-- ===== src/Library/Paths/Inside.antt =====
-- safe_abs: where the path that it gives lies.
use homesink.Base.{
  ℕ, ◌≡◌, ◌≢◌, refl, sym, ap, ap₂, subst, ◌∙◌, ◌⊎◌, inl, inr, Bool, true, false, not, List, [], ◌∷◌,
  ◌++◌, none, some, Str, codes, str_eq, str_eq_sound, str_eq_refl, ◌==◌, if◌then◌else◌, Bool-cases,
  All, all,
}
use homesink.Library.Paths.{
  AbsPath, cons_head, split_slash, drop_last, clean_step, clean_steps, join_path, rel, not_relative,
  escapes, safe_abs,
}

-- A component of a clean path.
pub record CleanName (c : Str) : Type 0 where
  pub some_text : c ≢ []
  pub not_self : c ≢ codes "."
  pub not_parent : c ≢ codes ".."
  pub one : all (λ r. not (r == 47)) c ≡ true

-- Where the target is not below the base, the relative path begins with the parent.
rel_lem :
    (base target : AbsPath)
    → (target ≡ base ++ rel base target) ⊎ (escapes (rel base target) ≡ true)
unfolding rel
rel_lem [] target = inl refl
rel_lem (b ∷ bs) [] = inr refl
rel_lem (b ∷ bs) (t ∷ ts) = elim (Bool-cases (str_eq b t)) [
  | inr e ↦ rw e (inr refl)
  | inl e ↦ rw e (elim (rel_lem bs ts) [
    | inr up ↦ inr up
    | inl below ↦ inl (ap₂ ◌∷◌ (sym (str_eq_sound b t e)) below)
  ])
]

All-drop_last : (p : AbsPath) → All CleanName p → All CleanName (drop_last p)
All-drop_last [] h = tt
All-drop_last (x ∷ []) h = tt
All-drop_last (x ∷ y ∷ xs) h = (h.0, All-drop_last (y ∷ xs) h.1)

pub All-append {ℓ κ} :
    {A : Type ℓ} (P : A → Type κ) (xs ys : List A) → All P xs → All P ys → All P (xs ++ ys)
All-append P [] ys h k = k
All-append P (x ∷ xs) ys h k = (h.0, All-append P xs ys h.1 k)

-- Each part of a split has no slash.
abbrev NoSlash : Str → Type 0
NoSlash c = all (λ r. not (r == 47)) c ≡ true

cons_head-NoSlash :
    (r : ℕ) (cs : List Str) → (r == 47) ≡ false → All NoSlash cs → All NoSlash (cons_head r cs)
cons_head-NoSlash r [] h k = (rw h refl, tt)
cons_head-NoSlash r (c ∷ cs) h k = (rw h k.0, k.1)

split_slash-NoSlash : (s : Str) → All NoSlash (split_slash s)
unfolding split_slash
split_slash-NoSlash [] = (refl, tt)
split_slash-NoSlash (r ∷ s) = elim (Bool-cases (r == 47)) [
  | inl t ↦ rw t (refl, split_slash-NoSlash s)
  | inr t ↦ rw t (cons_head-NoSlash r (split_slash s) t (split_slash-NoSlash s))
]

pub str_eq-false : (c d : Str) → str_eq c d ≡ false → c ≢ d
str_eq-false c d h e = cc (sym h ∙ subst (λ (x : Str). str_eq x d ≡ true) (sym e) (str_eq_refl d))

clean_step-CleanName :
    (path : AbsPath) (c : Str) → All CleanName path → NoSlash c → All CleanName (clean_step path c)
unfolding clean_step
clean_step-CleanName path c h k = elim (Bool-cases (str_eq c [])) [
  | inl t ↦ rw t h
  | inr e ↦ rw e (elim (Bool-cases (str_eq c (codes "."))) [
    | inl t ↦ rw t h
    | inr s ↦ rw s (elim (Bool-cases (str_eq c (codes ".."))) [
      | inl t ↦ rw t (All-drop_last path h)
      | inr p ↦ rw p (
          All-append CleanName path (c ∷ []) h (
            record {
              some_text = str_eq-false c [] e;
              not_self = str_eq-false c (codes ".") s;
              not_parent = str_eq-false c (codes "..") p;
              one = k;
            },
            tt,
          ))
    ])
  ])
]

clean_steps-CleanName :
    (path : AbsPath) (cs : List Str)
    → All CleanName path
    → All NoSlash cs
    → All CleanName (clean_steps path cs)
unfolding clean_steps
clean_steps-CleanName path [] h k = h
clean_steps-CleanName path (c ∷ cs) h k =
    clean_steps-CleanName (clean_step path c) cs (clean_step-CleanName path c h k.0) k.1

-- A path that is below the root, but not the root.
pub record Below (root abs : AbsPath) : Type 0 where
  pub rest : List Str
  pub path : abs ≡ root ++ rest
  pub proper : rest ≢ []
  pub names : All CleanName rest

All-right : (xs ys : AbsPath) → All CleanName (xs ++ ys) → All CleanName ys
All-right [] ys h = h
All-right (x ∷ xs) ys h = All-right xs ys h.1

rel-Below :
    (root abs : AbsPath) → All CleanName abs → escapes (rel root abs) ≡ false → Below root abs
rel-Below root abs a e = elim (rel_lem root abs) [
  | inr up ↦ cc (sym up ∙ e)
  | inl p ↦ record {
    rest = rel root abs;
    path = p;
    proper = λ n. cc (sym e ∙ ap escapes n);
    names = All-right root (rel root abs) (subst (All CleanName) p a);
  }
]

guards :
    (b c : Bool) (x y : AbsPath)
    → (if b then none else if c then none else some x) ≡ some y
    → (c ≡ false) × (x ≡ y)
guards true c x y h = cc h
guards false true x y h = cc h
guards false false x y h = (refl, cc h)

-- Whatever the text, a path that safeAbs gives is a proper descendant of the root, and no component
-- below the root is empty, has a separator, or is one of the two special names.
pub safe_abs-Below :
    (root abs : AbsPath) (rel_path : Str)
    → All CleanName root
    → safe_abs root rel_path ≡ some abs
    → Below root abs
unfolding safe_abs join_path
safe_abs-Below root abs rel_path c h =
    let g =
      guards (not_relative rel_path) (escapes (rel root (join_path root rel_path)))
        (join_path root rel_path) abs h in
    subst (Below root) g.1 (
      rel-Below root (join_path root rel_path)
        (clean_steps-CleanName root (split_slash rel_path) c (split_slash-NoSlash rel_path)) g.0)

WHAT THE TASK ASKS:
Repeat each record word for word.

WRITTEN ANSWER:
-- ===== src/Library/Paths/Inside.antt =====
-- safe_abs: where the path that it gives lies.
use homesink.Base.{
  ℕ, ◌≡◌, ◌≢◌, refl, sym, ap, ap₂, subst, ◌∙◌, ◌⊎◌, inl, inr, Bool, true, false, not, List, [], ◌∷◌,
  ◌++◌, none, some, Str, codes, str_eq, str_eq_sound, str_eq_refl, ◌==◌, if◌then◌else◌, Bool-cases,
  All, all,
}
use homesink.Library.Paths.{
  AbsPath, cons_head, split_slash, drop_last, clean_step, clean_steps, join_path, rel, not_relative,
  escapes, safe_abs,
}

-- A component of a clean path.
pub record CleanName (c : Str) : Type 0 where
  pub some_text : c ≢ []
  pub not_self : c ≢ codes "."
  pub not_parent : c ≢ codes ".."
  pub one : all (λ r. not (r == 47)) c ≡ true

-- Where the target is not below the base, the relative path begins with the parent.
rel_lem :
    (base target : AbsPath)
    → (target ≡ base ++ rel base target) ⊎ (escapes (rel base target) ≡ true)
unfolding rel
rel_lem [] target = inl refl
rel_lem (b ∷ bs) [] = inr refl
rel_lem (b ∷ bs) (t ∷ ts) = elim (Bool-cases (str_eq b t)) [
  | inr e ↦ rw e (inr refl)
  | inl e ↦ rw e (elim (rel_lem bs ts) [
    | inr up ↦ inr up
    | inl below ↦ inl (ap₂ ◌∷◌ (sym (str_eq_sound b t e)) below)
  ])
]

All-drop_last : (p : AbsPath) → All CleanName p → All CleanName (drop_last p)
All-drop_last [] h = tt
All-drop_last (x ∷ []) h = tt
All-drop_last (x ∷ y ∷ xs) h = (h.0, All-drop_last (y ∷ xs) h.1)

pub All-append {ℓ κ} :
    {A : Type ℓ} (P : A → Type κ) (xs ys : List A) → All P xs → All P ys → All P (xs ++ ys)
All-append P [] ys h k = k
All-append P (x ∷ xs) ys h k = (h.0, All-append P xs ys h.1 k)

-- Each part of a split has no slash.
abbrev NoSlash : Str → Type 0
NoSlash c = all (λ r. not (r == 47)) c ≡ true

cons_head-NoSlash :
    (r : ℕ) (cs : List Str) → (r == 47) ≡ false → All NoSlash cs → All NoSlash (cons_head r cs)
cons_head-NoSlash r [] h k = (rw h refl, tt)
cons_head-NoSlash r (c ∷ cs) h k = (rw h k.0, k.1)

split_slash-NoSlash : (s : Str) → All NoSlash (split_slash s)
unfolding split_slash
split_slash-NoSlash [] = (refl, tt)
split_slash-NoSlash (r ∷ s) = elim (Bool-cases (r == 47)) [
  | inl t ↦ rw t (refl, split_slash-NoSlash s)
  | inr t ↦ rw t (cons_head-NoSlash r (split_slash s) t (split_slash-NoSlash s))
]

pub str_eq-false : (c d : Str) → str_eq c d ≡ false → c ≢ d
str_eq-false c d h e = cc (sym h ∙ subst (λ (x : Str). str_eq x d ≡ true) (sym e) (str_eq_refl d))

clean_step-CleanName :
    (path : AbsPath) (c : Str) → All CleanName path → NoSlash c → All CleanName (clean_step path c)
unfolding clean_step
clean_step-CleanName path c h k = elim (Bool-cases (str_eq c [])) [
  | inl t ↦ rw t h
  | inr e ↦ rw e (elim (Bool-cases (str_eq c (codes "."))) [
    | inl t ↦ rw t h
    | inr s ↦ rw s (elim (Bool-cases (str_eq c (codes ".."))) [
      | inl t ↦ rw t (All-drop_last path h)
      | inr p ↦ rw p (
          All-append CleanName path (c ∷ []) h (
            record {
              some_text = str_eq-false c [] e;
              not_self = str_eq-false c (codes ".") s;
              not_parent = str_eq-false c (codes "..") p;
              one = k;
            },
            tt,
          ))
    ])
  ])
]

clean_steps-CleanName :
    (path : AbsPath) (cs : List Str)
    → All CleanName path
    → All NoSlash cs
    → All CleanName (clean_steps path cs)
unfolding clean_steps
clean_steps-CleanName path [] h k = h
clean_steps-CleanName path (c ∷ cs) h k =
    clean_steps-CleanName (clean_step path c) cs (clean_step-CleanName path c h k.0) k.1

-- A path that is below the root, but not the root.
pub record Below (root abs : AbsPath) : Type 0 where
  pub rest : List Str
  pub path : abs ≡ root ++ rest
  pub proper : rest ≢ []
  pub names : All CleanName rest

All-right : (xs ys : AbsPath) → All CleanName (xs ++ ys) → All CleanName ys
All-right [] ys h = h
All-right (x ∷ xs) ys h = All-right xs ys h.1

rel-Below :
    (root abs : AbsPath) → All CleanName abs → escapes (rel root abs) ≡ false → Below root abs
rel-Below root abs a e = elim (rel_lem root abs) [
  | inr up ↦ cc (sym up ∙ e)
  | inl p ↦ record {
    rest = rel root abs;
    path = p;
    proper = λ n. cc (sym e ∙ ap escapes n);
    names = All-right root (rel root abs) (subst (All CleanName) p a);
  }
]

guards :
    (b c : Bool) (x y : AbsPath)
    → (if b then none else if c then none else some x) ≡ some y
    → (c ≡ false) × (x ≡ y)
guards true c x y h = cc h
guards false true x y h = cc h
guards false false x y h = (refl, cc h)

-- Whatever the text, a path that safeAbs gives is a proper descendant of the root, and no component
-- below the root is empty, has a separator, or is one of the two special names.
pub safe_abs-Below :
    (root abs : AbsPath) (rel_path : Str)
    → All CleanName root
    → safe_abs root rel_path ≡ some abs
    → Below root abs
unfolding safe_abs join_path
safe_abs-Below root abs rel_path c h =
    let g =
      guards (not_relative rel_path) (escapes (rel root (join_path root rel_path)))
        (join_path root rel_path) abs h in
    subst (Below root) g.1 (
      rel-Below root (join_path root rel_path)
        (clean_steps-CleanName root (split_slash rel_path) c (split_slash-NoSlash rel_path)) g.0)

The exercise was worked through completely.